**Items from a data source:**
━━━━━━━━━━━━━━━━

-- ===== src/Gtk/Actor/Move.antt =====
-- Where `move_by` and the random steps of rust/gtk/src/module_common.rs lead.
use wasm_shared_buffers.Base.{
  ℕ, suc, ◌-◌, ◌%◌, ◌^◌, ◌<◌, ◌≡◌, refl, ◌⊎◌, inl, inr, false, ◌||◌, arith, ltb, if◌then◌else◌,
  Bool-cases,
}
use wasm_shared_buffers.Int.{ℤ, pos, negsuc, Profile, release, abs_i32, rem3}
use wasm_shared_buffers.Gtk.Outcome.{Yields, yields, Yields-bind, overflows-Yields}
use wasm_shared_buffers.Gtk.Actor.{
  GridType, rand, rand_rem3, rand_step, step, is_off, is_blocked, target, move_at_random, move_by,
}

-- An actor stays, or goes to a cell of the grid that is not blocked.
pub data Lands (grid : GridType) (x y : ℕ) : ℕ × ℕ → Type 0 where
  stays : Lands grid x y (x, y)
  moves :
      {tx ty : ℕ}
      → is_off grid tx ty ≡ false
      → is_blocked grid tx ty ≡ false
      → Lands grid x y (tx, ty)

-- A number from 0 to 2. After an overflow in a release build it may be another one.
abbrev pub IsThird : Profile → ℤ → Type 0
IsThird p i = ((n : ℕ) × (n < 3) × (i ≡ pos n)) ⊎ (p ≡ release)

abs_i32-Yields : (p : Profile) (i : ℤ) → Yields (λ a. IsThird p (rem3 a)) p (abs_i32 p i)
unfolding abs_i32 rem3
abs_i32-Yields p (pos n) = yields (inl (n % 3, omega arith, refl))
abs_i32-Yields p (negsuc n) = elim (Bool-cases (ltb n (2 ^ 31 - 1))) [
  | inl e ↦ rw e (yields (inl (suc n % 3, omega arith, refl)))
  | inr e ↦ rw e (overflows-Yields p (negsuc n) (λ is_release. inr is_release))
]

pub rand_rem3-Yields : (p : Profile) (v : ℕ) → Yields (λ a. IsThird p a.0) p (rand_rem3 p v)
unfolding rand_rem3
rand_rem3-Yields p v = Yields-bind (abs_i32-Yields p (rand v)) (λ a third. yields third)

pub rand_step-Yields : (p : Profile) (v : ℕ) → Yields (λ _. Unit {0}) p (rand_step p v)
unfolding rand_step
rand_step-Yields p v = Yields-bind (rand_rem3-Yields p v) (λ a _. yields tt)

chosen-Lands :
    (grid : GridType) (x y tx ty : ℕ)
    → Lands grid x y (if is_off grid tx ty || is_blocked grid tx ty then (x, y) else (tx, ty))
chosen-Lands grid x y tx ty = elim (Bool-cases (is_off grid tx ty)) [
  | inl e ↦ rw e (stays)
  | inr e ↦ elim (Bool-cases (is_blocked grid tx ty)) [
    | inl d ↦ rw (e, d) (stays)
    | inr d ↦ rw (e, d) (moves e d)
  ]
]

move_at_random-Lands :
    (p : Profile) (grid : GridType) (x y v : ℕ)
    → Yields (λ r. Lands grid x y r.0) p (move_at_random p grid x y v)
unfolding move_at_random
move_at_random-Lands p grid x y v = Yields-bind (rand_step-Yields p v) (λ a _.
    Yields-bind (rand_step-Yields p a.1)
      (λ b _. yields (chosen-Lands grid x y (target x a.0) (target y b.0))))

pub move_by-Lands :
    (p : Profile) (grid : GridType) (x y : ℕ) (mx my : ℤ) (v : ℕ)
    → Yields (λ r. Lands grid x y r.0) p (move_by p grid x y mx my v)
unfolding move_by
move_by-Lands p grid x y mx my v =
    elim (Bool-cases (is_off grid (target x (step mx)) (target y (step my)))) [
      | inl e ↦ rw e (yields stays)
      | inr e ↦ elim (Bool-cases (is_blocked grid (target x (step mx)) (target y (step my)))) [
        | inl d ↦ rw (e, d) (move_at_random-Lands p grid x y v)
        | inr d ↦ rw (e, d) (yields (moves e d))
      ]
    ]
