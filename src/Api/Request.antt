-- ===== src/Api/Request.antt =====
-- The function `request` of frontend/src/lib/api.ts.
use kafka_ui.Base.{
  ℕ, Bool, true, false, not, ◌&&◌, Option, none, some, if◌then◌else◌, leb, ◌==◌, Text, codes,
  truthy, starts_with,
}
use kafka_ui.Api.Errors.{Thrown, error_object, Settled, resolved, rejected}

-- What `res.json()` gives: it may fail, and a value may have a field `error`.
pub data Json : Type 0 where
  unparsable : Thrown → Json
  null_value : Json
  value : Option Text → Json

pub record Response : Type 0 where
  pub status : ℕ
  pub status_text : Text
  pub json : Json

-- `fetch`, settled.
pub data Reply : Type 0 where
  failed : Thrown → Reply
  replied : Response → Reply

pub record Outcome : Type 0 where
  pub result : Settled Json
  pub reloads : Bool

abbrev pub is_ok : Response → Bool
is_ok r = leb 200 r.status && leb r.status 299

abbrev pub new_error : Text → Thrown
new_error message = error_object (codes "Error") message

-- `null_error` is the TypeError of a field of null.
module _ (null_error : Thrown) where
  unfoldable pub error_of : Response → Thrown
  error_of r = elim r.json [
    | unparsable e ↦ new_error r.status_text
    | null_value ↦ null_error
    | value error ↦ elim error [
      | none ↦ new_error r.status_text
      | some t ↦ new_error (if truthy t then t else r.status_text)
    ]
  ]

  unfoldable pub request : Text → Reply → Outcome
  unfolding error_of
  request path (failed e) = record { result = rejected e; reloads = false }
  request path (replied r) =
      if not (is_ok r)
      then if r.status == 401 && not (starts_with path (codes "/auth/login"))
        then record { result = rejected (new_error (codes "Unauthorized")); reloads = true }
        else record { result = rejected (error_of r); reloads = false }
      else elim r.json [
        | unparsable e ↦ record { result = rejected e; reloads = false }
        | null_value ↦ record { result = resolved null_value; reloads = false }
        | value error ↦ record { result = resolved (value error); reloads = false }
      ]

━━━━━━━━━━━━━━━━

**WHAT NEEDS TO BE DONE:** Your reply should match the data above exactly, line for line.

**ANSWER SPACE:**
-- ===== src/Gtk/Actor/Move.antt =====
-- Where `move_by` and the random steps of rust/gtk/src/module_common.rs lead.
use wasm_shared_buffers.Base.{
  ℕ, suc, ◌-◌, ◌%◌, ◌^◌, ◌<◌, ◌≡◌, refl, ◌⊎◌, inl, inr, false, ◌||◌, arith, ltb, if◌then◌else◌,
  Bool-cases,
}
use wasm_shared_buffers.Int.{ℤ, pos, negsuc, Profile, release, abs_i32, rem3}
use wasm_shared_buffers.Gtk.Outcome.{Yields, yields, Yields-bind, overflows-Yields}
use wasm_shared_buffers.Gtk.Actor.{
  GridType, rand, rand_rem3, rand_step, step, is_off, is_blocked, target, move_at_random, move_by,
}

-- An actor stays, or goes to a cell of the grid that is not blocked.
pub data Lands (grid : GridType) (x y : ℕ) : ℕ × ℕ → Type 0 where
  stays : Lands grid x y (x, y)
  moves :
      {tx ty : ℕ}
      → is_off grid tx ty ≡ false
      → is_blocked grid tx ty ≡ false
      → Lands grid x y (tx, ty)

-- A number from 0 to 2. After an overflow in a release build it may be another one.
abbrev pub IsThird : Profile → ℤ → Type 0
IsThird p i = ((n : ℕ) × (n < 3) × (i ≡ pos n)) ⊎ (p ≡ release)

abs_i32-Yields : (p : Profile) (i : ℤ) → Yields (λ a. IsThird p (rem3 a)) p (abs_i32 p i)
unfolding abs_i32 rem3
abs_i32-Yields p (pos n) = yields (inl (n % 3, omega arith, refl))
abs_i32-Yields p (negsuc n) = elim (Bool-cases (ltb n (2 ^ 31 - 1))) [
  | inl e ↦ rw e (yields (inl (suc n % 3, omega arith, refl)))
  | inr e ↦ rw e (overflows-Yields p (negsuc n) (λ is_release. inr is_release))
]

pub rand_rem3-Yields : (p : Profile) (v : ℕ) → Yields (λ a. IsThird p a.0) p (rand_rem3 p v)
unfolding rand_rem3
rand_rem3-Yields p v = Yields-bind (abs_i32-Yields p (rand v)) (λ a third. yields third)

pub rand_step-Yields : (p : Profile) (v : ℕ) → Yields (λ _. Unit {0}) p (rand_step p v)
unfolding rand_step
rand_step-Yields p v = Yields-bind (rand_rem3-Yields p v) (λ a _. yields tt)

chosen-Lands :
    (grid : GridType) (x y tx ty : ℕ)
    → Lands grid x y (if is_off grid tx ty || is_blocked grid tx ty then (x, y) else (tx, ty))
chosen-Lands grid x y tx ty = elim (Bool-cases (is_off grid tx ty)) [
  | inl e ↦ rw e (stays)
  | inr e ↦ elim (Bool-cases (is_blocked grid tx ty)) [
    | inl d ↦ rw (e, d) (stays)
    | inr d ↦ rw (e, d) (moves e d)
  ]
]

move_at_random-Lands :
    (p : Profile) (grid : GridType) (x y v : ℕ)
    → Yields (λ r. Lands grid x y r.0) p (move_at_random p grid x y v)
unfolding move_at_random
move_at_random-Lands p grid x y v = Yields-bind (rand_step-Yields p v) (λ a _.
    Yields-bind (rand_step-Yields p a.1)
      (λ b _. yields (chosen-Lands grid x y (target x a.0) (target y b.0))))

pub move_by-Lands :
    (p : Profile) (grid : GridType) (x y : ℕ) (mx my : ℤ) (v : ℕ)
    → Yields (λ r. Lands grid x y r.0) p (move_by p grid x y mx my v)
unfolding move_by
move_by-Lands p grid x y mx my v =
    elim (Bool-cases (is_off grid (target x (step mx)) (target y (step my)))) [
      | inl e ↦ rw e (yields stays)
      | inr e ↦ elim (Bool-cases (is_blocked grid (target x (step mx)) (target y (step my)))) [
        | inl d ↦ rw (e, d) (move_at_random-Lands p grid x y v)
        | inr d ↦ rw (e, d) (yields (moves e d))
      ]
    ]
filename src/Api/Request.antt
-- ===== src/Api/Request.antt =====
-- The function `request` of frontend/src/lib/api.ts.
use kafka_ui.Base.{
  ℕ, Bool, true, false, not, ◌&&◌, Option, none, some, if◌then◌else◌, leb, ◌==◌, Text, codes,
  truthy, starts_with,
}
use kafka_ui.Api.Errors.{Thrown, error_object, Settled, resolved, rejected}

-- What `res.json()` gives: it may fail, and a value may have a field `error`.
pub data Json : Type 0 where
  unparsable : Thrown → Json
  null_value : Json
  value : Option Text → Json

pub record Response : Type 0 where
  pub status : ℕ
  pub status_text : Text
  pub json : Json

-- `fetch`, settled.
pub data Reply : Type 0 where
  failed : Thrown → Reply
  replied : Response → Reply

pub record Outcome : Type 0 where
  pub result : Settled Json
  pub reloads : Bool

abbrev pub is_ok : Response → Bool
is_ok r = leb 200 r.status && leb r.status 299

abbrev pub new_error : Text → Thrown
new_error message = error_object (codes "Error") message

-- `null_error` is the TypeError of a field of null.
module _ (null_error : Thrown) where
  unfoldable pub error_of : Response → Thrown
  error_of r = elim r.json [
    | unparsable e ↦ new_error r.status_text
    | null_value ↦ null_error
    | value error ↦ elim error [
      | none ↦ new_error r.status_text
      | some t ↦ new_error (if truthy t then t else r.status_text)
    ]
  ]

  unfoldable pub request : Text → Reply → Outcome
  unfolding error_of
  request path (failed e) = record { result = rejected e; reloads = false }
  request path (replied r) =
      if not (is_ok r)
      then if r.status == 401 && not (starts_with path (codes "/auth/login"))
        then record { result = rejected (new_error (codes "Unauthorized")); reloads = true }
        else record { result = rejected (error_of r); reloads = false }
      else elim r.json [
        | unparsable e ↦ record { result = rejected e; reloads = false }
        | null_value ↦ record { result = resolved null_value; reloads = false }
        | value error ↦ record { result = resolved (value error); reloads = false }
      ]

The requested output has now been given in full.